Being able to think about great ideas for the world, but not being able to get a math problem done.

You try to tell a joke to impress everyone and then you mess it up.

carry my cat by holding it's front and back legs

Saying an awkward word enough times so that it doesn't sound like a real word anymore

get bored so I fist myself for money

When you're all alone, practice for an interview you're bound to have when you're rich and famous and say other people's responses when they are asked about working with you.

See a news article that looks interesting, too lazy to read the whole thing. Skim.

Try to stop a stopwatch exactly on 1 second with no extra milliseconds

Reach past the first two or three slices of bread to get the better, fresher bread towards the middle.

I often force my mind to think that i'm slowing down time at will just to feel awesome (like when walking down the street i try to make the all cars slow down).

Become self-conscious and wonder if you were making faces while day dreaming during the middle of class.

"????????? ???? ?????! ??? ?? ???????? UH1 HUEY!!! ??? ?? ???????? ??????? ??????????? ?????, ????????? ?? ??????? ? ??????????????? ???????!!! ?????? ????, ???????????????? ?? ???????, ?? ?????? ??????? ?? ????! ???? ???????????? ???????, ????? ??????? ???? ??? ?????????, ? ??????????? ?????, ??? ????????? ??????? ??????????? ?????!!! ? ??? ?? ????? ???? ??????? ??????????? ??????????. ???????? ????????,???? ????, ??? ??????? ?????? ??? ????? ??? ????? ???? ? ??????. "

I like to watch people and imagine different stories that could explain why they're doing whatever it is that their doing.

Really really happy that resisted getting a facebook or twitter account

say to my friend do you ever think that someone else is thinking the same thing that they are thinking at this moment in time and then SHYT in there mouth.

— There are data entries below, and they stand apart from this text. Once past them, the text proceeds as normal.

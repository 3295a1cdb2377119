-- ===== src/Plugin/Counted.antt =====
-- models_plugin/{session,backend,router}.go: the connections that a backend counts.
pub mod Release
pub mod Sessions
pub mod Chosen
pub mod Run
pub mod Chat
pub mod Returns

Normally they gurggle it in their throat, before swallowing it and making a pedo face, and sometimes i bike naked and shit on cars with diorrea so it explodes on the windows.

forget i left the light on somewhere in the house and when i see it on i think a ghost did it..

Put toilet paper in the toilet before I'm going to take a shit, so that the toilet won't get dirty.

Whenever I watch TV, the volume has to be on multiples of 5. Even if the perfect volume is in between.

Consider selling lots of books, games or DVDs when you have too many to fit perfectly on their shelf.

I have tried jumping in an airplane to see if I fall in the same spot

Pretend to cough in class so other people could pretend to cough

I always have excellent manners when eating around others, but when I'm alone I eat like a pig and have no manners.

Wish that Mexicans would go ruin their own country instead of ruin ours.

If i read or see something good (on tv )the next time i daydream i am always some how involved in it

Things You Think Only You Do

A collection of things you think only you do. Go ahead and confess. You probably aren't the only one.